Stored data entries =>

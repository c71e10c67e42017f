-- ===== src/Site/Search/Hits.antt =====
-- What the search of site/manual.js finds.
use wiregrid.Base.{
  ℕ, zero, suc, ◌+◌, Bool, true, false, ◌==◌, ◌≡◌, refl, sym, ap, ◌∙◌, List, [], ◌∷◌, ◌++◌,
  append-nil, append_assoc, arith, if◌then◌else◌, length, length-append, Bool-cases, inl, inr,
}
use wiregrid.Base.Units.{Units}
use wiregrid.Site.Search.{take, Item, matches, find_hits, query_of, box_of, render_search}

-- The elements that a test keeps.
unfoldable pub select {ℓ} : {A : Type ℓ} → (A → Bool) → List A → List A
select test [] = []
select test (x ∷ l) = if test x then x ∷ select test l else select test l

module _ (lower : Units → Units) where
  find_hits-take :
      (q : Units) (l hits : List Item) (room : ℕ)
      → length hits + suc room ≡ 8
      → find_hits lower q l hits ≡ hits ++ take (suc room) (select (matches lower q) l)
  unfolding find_hits take select
  find_hits-take q [] hits room h = sym (append-nil hits)
  find_hits-take q (item ∷ l) hits zero h = elim (Bool-cases (matches lower q item)) [
    | inl e ↦
        let full : (length (hits ++ item ∷ []) == 8) ≡ true =
          ground (arith, length-append hits (item ∷ [])) in
        rw (e, full) refl
    | inr e ↦
        let short : (length hits == 8) ≡ false = ground arith in
        rw (e, short) (find_hits-take q l hits zero h)
  ]
  find_hits-take q (item ∷ l) hits (suc room) h = elim (Bool-cases (matches lower q item)) [
    | inl e ↦
        let short : (length (hits ++ item ∷ []) == 8) ≡ false =
          ground (arith, length-append hits (item ∷ [])) in
        rw (e, short)
          (find_hits-take q l (hits ++ item ∷ []) room
              (omega (arith, length-append hits (item ∷ [])))
            ∙ append_assoc hits (item ∷ []) (take (suc room) (select (matches lower q) l)))
    | inr e ↦
        let short : (length hits == 8) ≡ false = ground arith in
        rw (e, short) (find_hits-take q l hits (suc room) h)
  ]

  -- The box is that of the first eight pages that match the query, in their order.
  pub render_search-select :
      (links : List Units) (index : List Item) (query : Units)
      → (render_search lower links index query).1
        ≡ box_of lower
            (query_of lower query)
            (take 8 (select (matches lower (query_of lower query)) index))
  unfolding render_search
  render_search-select links index query =
      let q = query_of lower query in ap (box_of lower q) (find_hits-take q index [] 7 refl)
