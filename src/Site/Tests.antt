-- ===== src/Site/Tests.antt =====
-- A page of the manual, and the theorems at it (site/manual.js).
use wiregrid.Base.{◌≢◌, true, String, ◌≡◌, refl, true, false, none, some, List, [], ◌∷◌}
use wiregrid.Base.Units.{Units, codes}
use wiregrid.Site.Keywords.{words}
use wiregrid.Site.Highlight.{highlight}
use wiregrid.Site.Highlight.Html.{read, in_text, shown, flat_spans}
use wiregrid.Site.Highlight.Shown.{highlight-shown}
use wiregrid.Site.Blocks.{
  Code, Enhanced, enhance_all, AllFaithful, enhance_all-Faithful, lang_of, is_run, language_class,
}
use wiregrid.Site.Search.{Item, render_search, box_of, matches, query_of, take}
use wiregrid.Site.Search.Hits.{select, render_search-select}

painted_json :
    highlight (codes "[null<1]") "json"
    ≡ some (codes "[<span class=\"tok-kw\">null</span>&lt;<span class=\"tok-num\">1</span>]")
unfolding highlight
painted_json = refl

painted_inherited : highlight (codes "x") "constructor" ≡ none
unfolding highlight
painted_inherited = refl

highlight-shown_example :
    (html : Units) × (highlight (codes "if a & \"<b>\" # no") "elixir" ≡ some html)
    × (shown (read in_text html) ≡ codes "if a & \"<b>\" # no")
    × (flat_spans false (read in_text html) ≡ true)
unfolding words
highlight-shown_example = highlight-shown (codes "if a & \"<b>\" # no") "elixir" refl

abbrev listing : Code
listing = record {
  class_name = "block language-sql";
  content = codes "SELECT 1\n";
  wrapped = false;
}

enhance_all-Faithful_example :
    (done : List Enhanced) × (enhance_all (listing ∷ []) ≡ some done)
    × AllFaithful (listing ∷ []) done
    × ((name : String) → is_run name ≡ true → name ≢ "" → lang_of (language_class name) ≡ name)
unfolding words lang_of
enhance_all-Faithful_example = enhance_all-Faithful (listing ∷ []) ((_, refl), tt)

abbrev front : Item
front = record { title = codes "front"; body = codes "realtime library"; href = codes "index.html" }

render_search-select_example :
    (render_search (λ s. s) (codes "front" ∷ []) (front ∷ []) (codes " time ")).1
    ≡ box_of
        (λ s. s)
        (query_of (λ s. s) (codes " time "))
        (take 8 (select (matches (λ s. s) (query_of (λ s. s) (codes " time "))) (front ∷ [])))
render_search-select_example =
    render_search-select (λ s. s) (codes "front" ∷ []) (front ∷ []) (codes " time ")
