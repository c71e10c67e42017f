-- ===== src/Timeline.antt =====
-- `createTimeline` of priv/ui/js/timeline.js: the message rows of a container, indexed by id and by
-- nonce.
pub mod Types
pub mod Dom
pub mod Index
pub mod Ops
pub mod Rows
pub mod Nonces
pub mod Inv
pub mod Eviction
pub mod Placing
pub mod Renaming
pub mod Duplicates
pub mod Upserts
pub mod Starting
pub mod Kept
pub mod Runs
pub mod Origins
mod Tests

AIM OF THE TASK => Your reply should consist of all the records, restated exactly.

RESPONSE TO THIS TASK =>
repository c71e10c67e42017f
-- ===== src/Site/Search/Hits.antt =====
-- What the search of site/manual.js finds.
use wiregrid.Base.{
  ℕ, zero, suc, ◌+◌, Bool, true, false, ◌==◌, ◌≡◌, refl, sym, ap, ◌∙◌, List, [], ◌∷◌, ◌++◌,
  append-nil, append_assoc, arith, if◌then◌else◌, length, length-append, Bool-cases, inl, inr,
}
use wiregrid.Base.Units.{Units}
use wiregrid.Site.Search.{take, Item, matches, find_hits, query_of, box_of, render_search}

-- The elements that a test keeps.
unfoldable pub select {ℓ} : {A : Type ℓ} → (A → Bool) → List A → List A
select test [] = []
select test (x ∷ l) = if test x then x ∷ select test l else select test l

module _ (lower : Units → Units) where
  find_hits-take :
      (q : Units) (l hits : List Item) (room : ℕ)
      → length hits + suc room ≡ 8
      → find_hits lower q l hits ≡ hits ++ take (suc room) (select (matches lower q) l)
  unfolding find_hits take select
  find_hits-take q [] hits room h = sym (append-nil hits)
  find_hits-take q (item ∷ l) hits zero h = elim (Bool-cases (matches lower q item)) [
    | inl e ↦
        let full : (length (hits ++ item ∷ []) == 8) ≡ true =
          ground (arith, length-append hits (item ∷ [])) in
        rw (e, full) refl
    | inr e ↦
        let short : (length hits == 8) ≡ false = ground arith in
        rw (e, short) (find_hits-take q l hits zero h)
  ]
  find_hits-take q (item ∷ l) hits (suc room) h = elim (Bool-cases (matches lower q item)) [
    | inl e ↦
        let short : (length (hits ++ item ∷ []) == 8) ≡ false =
          ground (arith, length-append hits (item ∷ [])) in
        rw (e, short)
          (find_hits-take q l (hits ++ item ∷ []) room
              (omega (arith, length-append hits (item ∷ [])))
            ∙ append_assoc hits (item ∷ []) (take (suc room) (select (matches lower q) l)))
    | inr e ↦
        let short : (length hits == 8) ≡ false = ground arith in
        rw (e, short) (find_hits-take q l hits (suc room) h)
  ]

  -- The box is that of the first eight pages that match the query, in their order.
  pub render_search-select :
      (links : List Units) (index : List Item) (query : Units)
      → (render_search lower links index query).1
        ≡ box_of lower
            (query_of lower query)
            (take 8 (select (matches lower (query_of lower query)) index))
  unfolding render_search
  render_search-select links index query =
      let q = query_of lower query in ap (box_of lower q) (find_hits-take q index [] 7 refl)
filename src/Site/Tests.antt
-- ===== src/Site/Tests.antt =====
-- A page of the manual, and the theorems at it (site/manual.js).
use wiregrid.Base.{◌≢◌, true, String, ◌≡◌, refl, true, false, none, some, List, [], ◌∷◌}
use wiregrid.Base.Units.{Units, codes}
use wiregrid.Site.Keywords.{words}
use wiregrid.Site.Highlight.{highlight}
use wiregrid.Site.Highlight.Html.{read, in_text, shown, flat_spans}
use wiregrid.Site.Highlight.Shown.{highlight-shown}
use wiregrid.Site.Blocks.{
  Code, Enhanced, enhance_all, AllFaithful, enhance_all-Faithful, lang_of, is_run, language_class,
}
use wiregrid.Site.Search.{Item, render_search, box_of, matches, query_of, take}
use wiregrid.Site.Search.Hits.{select, render_search-select}

painted_json :
    highlight (codes "[null<1]") "json"
    ≡ some (codes "[<span class=\"tok-kw\">null</span>&lt;<span class=\"tok-num\">1</span>]")
unfolding highlight
painted_json = refl

painted_inherited : highlight (codes "x") "constructor" ≡ none
unfolding highlight
painted_inherited = refl

highlight-shown_example :
    (html : Units) × (highlight (codes "if a & \"<b>\" # no") "elixir" ≡ some html)
    × (shown (read in_text html) ≡ codes "if a & \"<b>\" # no")
    × (flat_spans false (read in_text html) ≡ true)
unfolding words
highlight-shown_example = highlight-shown (codes "if a & \"<b>\" # no") "elixir" refl

abbrev listing : Code
listing = record {
  class_name = "block language-sql";
  content = codes "SELECT 1\n";
  wrapped = false;
}

enhance_all-Faithful_example :
    (done : List Enhanced) × (enhance_all (listing ∷ []) ≡ some done)
    × AllFaithful (listing ∷ []) done
    × ((name : String) → is_run name ≡ true → name ≢ "" → lang_of (language_class name) ≡ name)
unfolding words lang_of
enhance_all-Faithful_example = enhance_all-Faithful (listing ∷ []) ((_, refl), tt)

abbrev front : Item
front = record { title = codes "front"; body = codes "realtime library"; href = codes "index.html" }

render_search-select_example :
    (render_search (λ s. s) (codes "front" ∷ []) (front ∷ []) (codes " time ")).1
    ≡ box_of
        (λ s. s)
        (query_of (λ s. s) (codes " time "))
        (take 8 (select (matches (λ s. s) (query_of (λ s. s) (codes " time "))) (front ∷ [])))
render_search-select_example =
    render_search-select (λ s. s) (codes "front" ∷ []) (front ∷ []) (codes " time ")
repository c71e10c67e42017f
-- ===== src/Timeline.antt =====
-- `createTimeline` of priv/ui/js/timeline.js: the message rows of a container, indexed by id and by
-- nonce.
pub mod Types
pub mod Dom
pub mod Index
pub mod Ops
pub mod Rows
pub mod Nonces
pub mod Inv
pub mod Eviction
pub mod Placing
pub mod Renaming
pub mod Duplicates
pub mod Upserts
pub mod Starting
pub mod Kept
pub mod Runs
pub mod Origins
mod Tests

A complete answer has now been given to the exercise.